When the line containing "updates lines) values)" is found in the data below, copy it and each line after it through the line containing "let same = get-missing_lines", exactly and with no others.

────────────────────────────────────────

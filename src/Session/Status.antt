-- ===== src/Session/Status.antt =====
-- agent/session.py: stop reasons, statuses, and the status of a subagent's result.
use deep_agent_cli.Prelude.{String, Bool, ◌||◌, nat_comparable, text_comparable, if◌then◌else◌}
use text.Mathlib.Text.{starts_with}
use deep_agent_cli.Python.{Python}

pub data StopReason : Type 0 where
  pending stop error aborted deferred : StopReason

pub data SessionStatus : Type 0 where
  running completed waiting cancelled failed : SessionStatus

unfoldable pub status_for_reason : StopReason → SessionStatus
status_for_reason pending = running
status_for_reason stop = completed
status_for_reason error = failed
status_for_reason aborted = cancelled
status_for_reason deferred = waiting

-- The statuses of a tool card; the empty text is `none` where a status can be missing.
pub data ToolStatus : Type 0 where
  running completed error cancelled waiting interrupted : ToolStatus

-- The envelopes of the runtime decide, never text inside an answer.
unfoldable pub subagent_result_status : Python → String → Bool → ToolStatus
subagent_result_status py content is_error =
    let text = py.lower (py.lstrip content) in
    if starts_with text "subagent cancelled:" || starts_with text "subagent cancelled ("
    then ToolStatus.cancelled
    else if is_error
        || (starts_with text "subagent failed:" || starts_with text "subagent failed (")
    then ToolStatus.error
    else ToolStatus.completed
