-- ===== src/CliState/Blocks.antt =====
-- state.py: the blocks of the transcript and the state that holds them. A message block is an object
-- with identity, its `ref`: the active block is held by reference. `uuid` is a fresh identifier.
use deep_agent_cli.Prelude.{
  ℕ, suc, String, Bool, true, false, not, ◌&&◌, Option, none, List, [], ◌∷◌, ◌++◌, ◌==◌,
  nat_comparable, text_comparable, if◌then◌else◌,
}
use deep_agent_cli.Value.{ℤ, null, Value, Fields}
use deep_agent_cli.RunEvents.{TurnTiming}
use deep_agent_cli.Prelude.Dict.{insert, Dict}
use deep_agent_cli.Session.Status.{ToolStatus}

pub data MessageKind : Type 0 where
  user assistant system error : MessageKind

pub record MessageBlock : Type 0 where
  pub ref : ℕ
  pub kind : MessageKind
  pub content : String
  pub thinking : String
  pub id : String
  pub is_error : Bool
  pub pending : Bool
  pub attachments : List ℕ
  pub revision : ℕ
  pub styled_spans : List ℕ

pub record ToolBlock : Type 0 where
  pub tool_call_id : String
  pub name : String
  pub arguments : Fields
  pub output : String
  pub artifact : Value
  pub status : ToolStatus
  pub is_error : Bool
  pub revision : ℕ
  pub exit_code : Option ℤ

pub data Block : Type 0 where
  message : MessageBlock → Block
  tool : ToolBlock → Block
  summary : TurnTiming → Block

pub record CliState : Type 0 where
  pub blocks : List Block
  pub running : Bool
  pub compacting : Bool
  pub status : String
  pub thinking_collapsed : Bool
  pub tools_expanded : Bool
  pub messages_expanded : Bool
  pub active_block : Option ℕ
  pub pending_user_ids : Dict String String
  pub attachments : List ℕ
  pub usage : Dict String ℕ
  pub model_metrics_history : List Fields
  pub context_pristine : Bool
  pub next_ref : ℕ

-- `touch`
abbrev pub touch_message : MessageBlock → MessageBlock
touch_message b = record b { revision = suc b.revision }

abbrev pub touch_tool : ToolBlock → ToolBlock
touch_tool b = record b { revision = suc b.revision }

-- `MessageBlock(kind=…)` with the defaults of its other fields.
abbrev pub new_message : ℕ → MessageKind → String → String → MessageBlock
new_message ref kind content id = record {
  ref = ref;
  kind = kind;
  content = content;
  thinking = "";
  id = id;
  is_error = false;
  pending = false;
  attachments = [];
  revision = 0;
  styled_spans = [];
}

abbrev pub new_tool : String → String → Fields → ToolBlock
new_tool tool_call_id name arguments = record {
  tool_call_id = tool_call_id;
  name = name;
  arguments = arguments;
  output = "";
  artifact = null;
  status = ToolStatus.running;
  is_error = false;
  revision = 0;
  exit_code = none;
}

abbrev pub is_running : ToolStatus → Bool
is_running ToolStatus.running = true
is_running _ = false

abbrev pub is_settled : ToolStatus → Bool
is_settled ToolStatus.completed = true
is_settled ToolStatus.error = true
is_settled _ = false

abbrev pub is_unfinished : ToolStatus → Bool
is_unfinished ToolStatus.running = true
is_unfinished ToolStatus.waiting = true
is_unfinished _ = false

abbrev pub is_bad : ToolStatus → Bool
is_bad ToolStatus.error = true
is_bad ToolStatus.cancelled = true
is_bad _ = false

-- `subagent_count`
unfoldable pub subagent_count : List Block → ℕ
subagent_count [] = 0
subagent_count (tool t ∷ blocks) =
    let rest = subagent_count blocks in
    if t.name == "task" && is_running t.status then suc rest else rest
subagent_count (b ∷ blocks) = subagent_count blocks

-- `self.blocks.append(MessageBlock(…))`
unfoldable pub append_message : MessageBlock → CliState → CliState
append_message b s = record s { blocks = s.blocks ++ message b ∷ []; next_ref = suc s.next_ref }

unfoldable pub add_user : String → String → Bool → String → List ℕ → CliState → CliState
unfolding append_message insert
add_user uuid content pending message_id attachments s =
    let id = if message_id == "" then uuid else message_id in
    let b = record (new_message s.next_ref user content id) {
      pending = pending;
      attachments = attachments;
    } in
    let s' = record (append_message b s) { active_block = none } in
    if pending && not (message_id == "")
    then record s' { pending_user_ids = insert message_id id s'.pending_user_ids }
    else s'

unfoldable pub add_system : String → String → Bool → List ℕ → CliState → CliState
unfolding append_message
add_system uuid content is_error styled_spans s =
    append_message
      (record (new_message s.next_ref (if is_error then error else system) content uuid) {
        is_error = is_error;
        styled_spans = styled_spans;
      })
      s

unfoldable pub clear : Bool → CliState → CliState
clear preserve_model_metrics s = record s {
  blocks = [];
  active_block = none;
  pending_user_ids = [];
  usage = [];
  model_metrics_history = if preserve_model_metrics then s.model_metrics_history else [];
}

unfoldable pub load_model_metrics : List Fields → CliState → CliState
load_model_metrics history s = record s { model_metrics_history = history }
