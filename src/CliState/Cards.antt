-- ===== src/CliState/Cards.antt =====
-- state.py: finding a tool card, and what the tool events write into it.
use deep_agent_cli.Prelude.{
  String, Bool, true, false, not, ◌&&◌, ◌||◌, Option, List, [], ◌∷◌, ◌++◌, ◌==◌, nat_comparable,
  text_comparable, if◌then◌else◌,
}
use text.Mathlib.Text.{starts_with}
use Prim.Native.String.{◌++◌ as ◌<>◌}
use deep_agent_cli.CliState.Blocks.{
  is_bad, new_tool, touch_tool, is_settled, tool, is_running, Block, ToolBlock,
}
use deep_agent_cli.Value.{
  fields_of, boolean, int_of, truthy, is_true, object, ℤ, is_object, end, get, set_field, Fields,
}
use deep_agent_cli.RunEvents.{RunEvent}
use deep_agent_cli.Python.{Python}
use deep_agent_cli.Session.Status.{ToolStatus, subagent_result_status}

abbrev pub has_id : String → ToolBlock → Bool
has_id id t = t.tool_call_id == id

abbrev pub card_runs : ToolBlock → Bool
card_runs t = is_running t.status

-- Some tool card passes the test.
unfoldable pub has_card : (ToolBlock → Bool) → List Block → Bool
has_card p [] = false
has_card p (tool t ∷ blocks) = p t || has_card p blocks
has_card p (b ∷ blocks) = has_card p blocks

-- The last tool card that passes, which the searches over `reversed(self.blocks)` find, is changed
-- in place.
unfoldable pub modify_last : (ToolBlock → Bool) → (ToolBlock → ToolBlock) → List Block → List Block
unfolding has_card
modify_last p f [] = []
modify_last p f (tool t ∷ blocks) =
    let rest = modify_last p f blocks in
    if has_card p blocks
    then tool t ∷ rest
    else if p t
    then tool (f t) ∷ blocks
    else tool t ∷ blocks
modify_last p f (b ∷ blocks) = b ∷ modify_last p f blocks

-- The card that is found is changed; without one a new card is appended, changed likewise.
unfoldable pub change_card :
    (ToolBlock → Bool) → ToolBlock → (ToolBlock → ToolBlock) → List Block → List Block
unfolding modify_last
change_card p created f blocks =
    if has_card p blocks then modify_last p f blocks else blocks ++ tool (f created) ∷ []

-- `_tool`: without an identifier the running card.
abbrev pub find_tool : String → ToolBlock → Bool
find_tool id t = if id == "" then card_runs t else has_id id t

-- `_tool_by_id`: an exact match only.
abbrev pub find_by_id : String → ToolBlock → Bool
find_by_id id t = if id == "" then false else has_id id t

-- `self._tool(id) or self._running_tool()`
abbrev pub find_for_output : String → List Block → ToolBlock → Bool
find_for_output id blocks = if has_card (find_tool id) blocks then find_tool id else card_runs

abbrev or_fields : Fields → Fields → Fields
or_fields end d = d
or_fields c d = c

-- A replayed start leaves a card that is completed or in error alone.
unfoldable pub restart : RunEvent → ToolBlock → ToolBlock
restart e t = if is_settled t.status then t else record (touch_tool t) {
  name = if e.name == "" then t.name else e.name;
  arguments = or_fields e.arguments t.arguments;
  status = ToolStatus.running;
}

unfoldable pub tool_started : RunEvent → List Block → List Block
unfolding modify_last
tool_started e blocks =
    let p = find_by_id e.tool_call_id in
    if has_card p blocks
    then modify_last p (restart e) blocks
    else blocks ++ tool (new_tool e.tool_call_id e.name e.arguments) ∷ []

unfoldable pub take_output : RunEvent → ToolBlock → ToolBlock
unfolding set_field
take_output e t =
    if e.stream == "tail_snapshot" && t.name == "execute"
    then record (touch_tool t) {
      output = e.content;
      artifact = object (set_field "truncated" (boolean true) (fields_of t.artifact));
    }
    else record (touch_tool t) { output = t.output <> e.content }

unfoldable pub tool_output_delta : RunEvent → List Block → List Block
tool_output_delta e blocks =
    change_card (find_for_output e.tool_call_id blocks)
      (new_tool e.tool_call_id (if e.name == "" then "tool" else e.name) end) (take_output e) blocks

abbrev had_tail_snapshot : RunEvent → ToolBlock → Bool
had_tail_snapshot e t =
    e.name == "execute"
    && (is_object t.artifact && is_true (get "truncated" (fields_of t.artifact)))

abbrev completed_output : RunEvent → ToolBlock → String
completed_output e t =
    if e.name == "execute" && is_object e.artifact
    then (if truthy (get "truncated" (fields_of e.artifact))
          && (not (had_tail_snapshot e t) && not (e.content == ""))
        then e.content
        else if t.output == ""
        then e.content
        else t.output)
    else if not (e.content == "") && (t.output == "" || starts_with e.content t.output)
    then e.content
    else t.output

abbrev completed_exit_code : RunEvent → ToolBlock → Option ℤ
completed_exit_code e t =
    if e.name == "execute" && is_object e.artifact
    then int_of (get "exit_code" (fields_of e.artifact))
    else t.exit_code

-- The result of a completed tool; the card of a task reads the envelope of the subagent.
unfoldable pub complete : Python → RunEvent → ToolBlock → ToolBlock
unfolding get
complete py e t =
    let task_status = subagent_result_status py e.content e.is_error in
    let is_task = t.name == "task" in
    record (touch_tool t) {
      artifact = if is_object e.artifact then e.artifact else t.artifact;
      output = if is_task then e.content else completed_output e t;
      status =
          if is_task
          then task_status
          else if e.is_error
          then ToolStatus.error
          else ToolStatus.completed;
      is_error = if is_task then is_bad task_status else e.is_error;
      exit_code = completed_exit_code e t;
    }

unfoldable pub tool_completed : Python → RunEvent → List Block → List Block
tool_completed py e blocks =
    change_card (find_tool e.tool_call_id) (new_tool e.tool_call_id e.name end) (complete py e)
      blocks
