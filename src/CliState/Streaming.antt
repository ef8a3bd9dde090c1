-- ===== src/CliState/Streaming.antt =====
-- state.py: the deltas of the assistant, the usage, and the steering messages.
use deep_agent_cli.Prelude.{
  ℕ, String, Bool, false, not, ◌&&◌, ◌||◌, Option, none, some, List, [], ◌∷◌, ◌++◌, ◌==◌,
  nat_comparable, text_comparable, if◌then◌else◌, is_some,
}
use deep_agent_cli.CliState.Blocks.{
  assistant, add_user, new_message, touch_message, CliState, message, append_message, MessageBlock,
  Block,
}
use deep_agent_cli.RunEvents.{thinking_delta, plain, EventResult, RunEvent, EventKind}
use deep_agent_cli.Prelude.Dict.{erase, lookup, Dict}
use deep_agent_cli.Value.{end, object, count_of, get, field, text_or_empty, Fields}
use deep_agent_cli.Python.{Python}

abbrev pub is_ref : ℕ → Block → Bool
is_ref r (message b) = b.ref == r
is_ref r _ = false

-- `any(item is block for item in self.blocks)`
unfoldable pub has_ref : ℕ → List Block → Bool
has_ref r [] = false
has_ref r (b ∷ blocks) = is_ref r b || has_ref r blocks

-- Writing the message block `r` in place.
unfoldable pub modify_ref : ℕ → (MessageBlock → MessageBlock) → List Block → List Block
modify_ref r f [] = []
modify_ref r f (message b ∷ blocks) =
    (if b.ref == r then message (f b) else message b) ∷ modify_ref r f blocks
modify_ref r f (b ∷ blocks) = b ∷ modify_ref r f blocks

-- `_assistant_block`: the active block if it is still shown, else a new one.
unfoldable pub assistant_block : String → CliState → ℕ × CliState
unfolding append_message has_ref
assistant_block uuid s =
    let r = s.next_ref in
    let fresh : ℕ × CliState =
      (r, record (append_message (new_message r assistant "" uuid) s) { active_block = some r }) in
    elim s.active_block [ none ↦ fresh | some a ↦ if has_ref a s.blocks then (a, s) else fresh ]

abbrev pub write_delta : EventKind → String → MessageBlock → MessageBlock
write_delta thinking_delta content b = record (touch_message b) { thinking = content }
write_delta _ content b = record (touch_message b) { content = content }

unfoldable pub text_delta : String → RunEvent → CliState → CliState
unfolding modify_ref
text_delta uuid e s =
    let (r, s') = assistant_block uuid s in
    record s' { blocks = modify_ref r (write_delta e.kind e.content) s'.blocks }

abbrev pub is_usage_key : String → Bool
is_usage_key k = k == "input_tokens" || (k == "output_tokens" || k == "total_tokens")

abbrev counted : String → Option ℕ → Dict String ℕ → Dict String ℕ
counted k none rest = rest
counted k (some n) rest = if is_usage_key k then (k, n) ∷ rest else rest

-- The three counts among the fields of a usage report.
unfoldable pub usage_counts : Fields → Dict String ℕ
usage_counts end = []
usage_counts (field k v d) = counted k (count_of v) (usage_counts d)

-- Without a new input count the last reading stays.
unfoldable pub keep_usage : EventResult → CliState → CliState
unfolding usage_counts lookup
keep_usage (plain (object d)) s =
    let usage = usage_counts d in
    if is_some (lookup "input_tokens" usage) then record s { usage = usage } else s
keep_usage _ s = s

unfoldable pub keep_metrics : EventResult → CliState → CliState
keep_metrics (plain (object d)) s = record s {
  model_metrics_history = s.model_metrics_history ++ d ∷ [];
}
keep_metrics _ s = s

-- `str(event.result.get(k) or "")` if the result is a dict, else the empty text.
abbrev pub result_text : Python → String → EventResult → String
result_text py k (plain (object d)) = text_or_empty py.to_text (get k d)
result_text py k _ = ""

unfoldable pub steering_queued_status : Python → RunEvent → CliState → CliState
unfolding text_or_empty get
steering_queued_status py e s =
    let mode = result_text py "mode" e.result in
    if mode == "steer" && not (e.content == "")
    then record s { status = "Steering queued" }
    else if mode == "followUp"
    then record s { status = "Follow-up queued" }
    else s

-- The first message block of that identifier.
unfoldable pub settle_user : String → List Block → List Block
settle_user id [] = []
settle_user id (message b ∷ blocks) =
    let rest = settle_user id blocks in
    if b.id == id
    then message (record (touch_message b) { pending = false }) ∷ blocks
    else message b ∷ rest
settle_user id (b ∷ blocks) = b ∷ settle_user id blocks

abbrev pub settle_or_add : String → String → RunEvent → Option String → CliState → CliState
settle_or_add uuid message_id e none s =
    if e.content == "" then s else add_user uuid e.content false message_id [] s
settle_or_add uuid message_id e (some id) s =
    if id == ""
    then (if e.content == "" then s else add_user uuid e.content false message_id [] s)
    else record s { blocks = settle_user id s.blocks }

unfoldable pub apply_steering : Python → String → RunEvent → CliState → CliState
unfolding text_or_empty get add_user settle_user lookup erase
apply_steering py uuid e s =
    let message_id = result_text py "id" e.result in
    settle_or_add uuid message_id e (lookup message_id s.pending_user_ids)
      (record s { pending_user_ids = erase message_id s.pending_user_ids })
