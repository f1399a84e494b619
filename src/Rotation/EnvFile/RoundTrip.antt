-- ===== src/Rotation/EnvFile/RoundTrip.antt =====
-- Rendering the lines of an environment file and loading them again.
use open_energy_data_server.Common.{
  ◌≡◌, refl, ◌∙◌, ap, String, Bool, true, false, ◌||◌, Option, none, some, List, [], ◌∷◌, ◌++◌,
  if◌then◌else◌, arith, inl, inr, Bool-cases, Option-cases, str_eq, eq_iff,
}
use open_energy_data_server.Common.Strip.{strip}
use open_energy_data_server.Common.Text.{◌<>◌}
use open_energy_data_server.Common.Sets.{contains}
use open_energy_data_server.Common.Dict
use open_energy_data_server.Common.Dict.{Dict, get-put, get_absent}
use open_energy_data_server.Rotation.EnvFile.{
  split_at_equals, store_line, load_line, load_lines, is_identifier, env_line_key, render_line,
  render_lines, updated_keys, missing_lines, render_env_lines,
}
use open_energy_data_server.Rotation.EnvFile.Laws.{load_line-entry}

-- the key of the line is the given one
is_key : String → Option String → Bool
is_key k none = false
is_key k (some j) = str_eq j k

pub env_key-identifier : (l j : String) → env_line_key l ≡ some j → is_identifier j ≡ true
unfolding env_line_key
env_key-identifier l j e = by_split (split_at_equals l) refl
  where
    by_split : (o : Option (String × String)) → split_at_equals l ≡ o → is_identifier j ≡ true
    by_split none q = absurd (ground arith)
    by_split (some (key, value)) q = elim (Bool-cases (is_identifier (strip key))) [
      | inl r ↦ ground arith
      | inr r ↦ absurd (ground arith)
    ]

-- a line with another key leaves the value of a key as it was
load_line-other :
    (k l : String) (values : Dict String)
    → is_identifier k ≡ true
    → is_key k (env_line_key l) ≡ false
    → Dict.get k (load_line l values) ≡ Dict.get k values
unfolding load_line store_line env_line_key is_key
load_line-other k l values good other = by_split (split_at_equals l) refl
  where
    by_split :
        (o : Option (String × String))
        → split_at_equals l ≡ o
        → Dict.get k (load_line l values) ≡ Dict.get k values
    by_split none q = ground arith
    by_split (some (key, value)) q =
        ground (arith, eq_iff (strip key) k, get-put (strip key) k value values)

get-rendered :
    (k v : String) (updates : Dict String) (l : String) (values : Dict String)
    → is_identifier k ≡ true
    → Dict.get k updates ≡ some v
    → Dict.get k (load_line (render_line updates l) values)
      ≡ (if is_key k (env_line_key l) then some v else Dict.get k values)
unfolding render_line is_key
get-rendered k v updates l values good held = by_key (env_line_key l) refl
  where
    by_key :
        (o : Option String)
        → env_line_key l ≡ o
        → Dict.get k (load_line (render_line updates l) values)
          ≡ (if is_key k (env_line_key l) then some v else Dict.get k values)
    by_key none q = ground (arith, load_line-other k l values good)
    by_key (some j) q = elim (Option-cases (Dict.get j updates)) [
      | inl r ↦ ground (arith, eq_iff j k, load_line-other k l values good)
      | inr (w, r) ↦ ground (
        arith,
        eq_iff j k,
        load_line-entry j w values (env_key-identifier l j q),
        get-put j k w values,
      )
    ]

has_held :
    (k v : String) (updates : Dict String) → Dict.get k updates ≡ some v → Dict.has k updates ≡ true
has_held k v updates held = elim (Bool-cases (Dict.has k updates)) [
  | inl e ↦ e
  | inr e ↦ absurd (ground (arith, get_absent k updates e))
]

contains-updated_keys :
    (k v : String) (updates : Dict String) (l : String) (lines : List String)
    → Dict.get k updates ≡ some v
    → contains k (updated_keys updates (l ∷ lines))
      ≡ is_key k (env_line_key l) || contains k (updated_keys updates lines)
unfolding updated_keys contains is_key
contains-updated_keys k v updates l lines held = by_key (env_line_key l) refl
  where
    by_key :
        (o : Option String)
        → env_line_key l ≡ o
        → contains k (updated_keys updates (l ∷ lines))
          ≡ is_key k (env_line_key l) || contains k (updated_keys updates lines)
    by_key none q = ground arith
    by_key (some j) q = ground (arith, eq_iff j k, has_held k v updates held)

get-rendered_lines :
    (k v : String) (updates : Dict String) (lines : List String) (values : Dict String)
    → is_identifier k ≡ true
    → Dict.get k updates ≡ some v
    → Dict.get k (load_lines (render_lines updates lines) values)
      ≡ (if contains k (updated_keys updates lines) then some v else Dict.get k values)
unfolding load_lines render_lines updated_keys contains
get-rendered_lines k v updates [] values good held = refl
get-rendered_lines k v updates (l ∷ lines) values good held =
    let again =
      get-rendered_lines k v updates lines (load_line (render_line updates l) values) good held in
    ground (
      arith,
      again,
      contains-updated_keys k v updates l lines held,
      get-rendered k v updates l values good held,
    )

load_lines-append :
    (xs ys : List String) (values : Dict String)
    → load_lines (xs ++ ys) values ≡ load_lines ys (load_lines xs values)
unfolding load_lines
load_lines-append [] ys values = refl
load_lines-append (x ∷ xs) ys values = load_lines-append xs ys (load_line x values)

-- Every key is one that a line can assign, and no key comes twice.
abbrev pub AreUpdates : Dict String → Type 0
AreUpdates [] = Unit {0}
AreUpdates ((key, value) ∷ updates) =
    (is_identifier key ≡ true) × (Dict.has key updates ≡ false) × AreUpdates updates

-- after the lines of the missing keys, a key that was not updated has its value
get-missing_lines :
    (k : String) (updated : List String) (updates values : Dict String)
    → AreUpdates updates
    → Dict.get k (load_lines (missing_lines updated updates) values) ≡ (
        if contains k updated
        then Dict.get k values
        else if Dict.has k updates
        then Dict.get k updates
        else Dict.get k values)
unfolding load_lines missing_lines Dict.get Dict.has
get-missing_lines k updated [] values u = ground arith
get-missing_lines k updated ((key, value) ∷ updates) values u =
    let same = get-missing_lines k updated updates values u.2 in
    let added = get-missing_lines k updated updates (load_line (key <> "=" <> value) values) u.2 in
    ground (
      arith,
      eq_iff key k,
      same,
      added,
      u.1,
      load_line-entry key value values u.0,
      get-put key k value values,
    )

-- a key of the updates is one that a line can assign
pub updates-identifier :
    (k : String) (updates : Dict String)
    → AreUpdates updates
    → Dict.has k updates ≡ true
    → is_identifier k ≡ true
unfolding Dict.has
updates-identifier k [] u h = absurd (ground arith)
updates-identifier k ((key, value) ∷ updates) u h =
    ground (arith, eq_iff key k, u.0, updates-identifier k updates u.2)

-- the same of the lines, before they are joined
pub get-rendered_env_lines :
    (k v : String) (lines : List String) (updates : Dict String)
    → AreUpdates updates
    → Dict.get k updates ≡ some v
    → Dict.get k (load_lines (render_env_lines lines updates) []) ≡ some v
unfolding render_env_lines
get-rendered_env_lines k v lines updates u held =
    let there = has_held k v updates held in
    let good = updates-identifier k updates u there in
    ap (Dict.get k) (
      load_lines-append (render_lines updates lines)
        (missing_lines (updated_keys updates lines) updates) [])
    ∙ get-missing_lines k (updated_keys updates lines) updates
        (load_lines (render_lines updates lines) []) u
    ∙ ground (arith, there, held, get-rendered_lines k v updates lines [] good held)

────────────────────────────────────────

Expected answer:
    → Dict.get k (load_lines (render_lines updates lines) values)
      ≡ (if contains k (updated_keys updates lines) then some v else Dict.get k values)
unfolding load_lines render_lines updated_keys contains
get-rendered_lines k v updates [] values good held = refl
get-rendered_lines k v updates (l ∷ lines) values good held =
    let again =
      get-rendered_lines k v updates lines (load_line (render_line updates l) values) good held in
    ground (
      arith,
      again,
      contains-updated_keys k v updates l lines held,
      get-rendered k v updates l values good held,
    )

load_lines-append :
    (xs ys : List String) (values : Dict String)
    → load_lines (xs ++ ys) values ≡ load_lines ys (load_lines xs values)
unfolding load_lines
load_lines-append [] ys values = refl
load_lines-append (x ∷ xs) ys values = load_lines-append xs ys (load_line x values)

-- Every key is one that a line can assign, and no key comes twice.
abbrev pub AreUpdates : Dict String → Type 0
AreUpdates [] = Unit {0}
AreUpdates ((key, value) ∷ updates) =
    (is_identifier key ≡ true) × (Dict.has key updates ≡ false) × AreUpdates updates

-- after the lines of the missing keys, a key that was not updated has its value
get-missing_lines :
    (k : String) (updated : List String) (updates values : Dict String)
    → AreUpdates updates
    → Dict.get k (load_lines (missing_lines updated updates) values) ≡ (
        if contains k updated
        then Dict.get k values
        else if Dict.has k updates
        then Dict.get k updates
        else Dict.get k values)
unfolding load_lines missing_lines Dict.get Dict.has
get-missing_lines k updated [] values u = ground arith
get-missing_lines k updated ((key, value) ∷ updates) values u =
    let same = get-missing_lines k updated updates values u.2 in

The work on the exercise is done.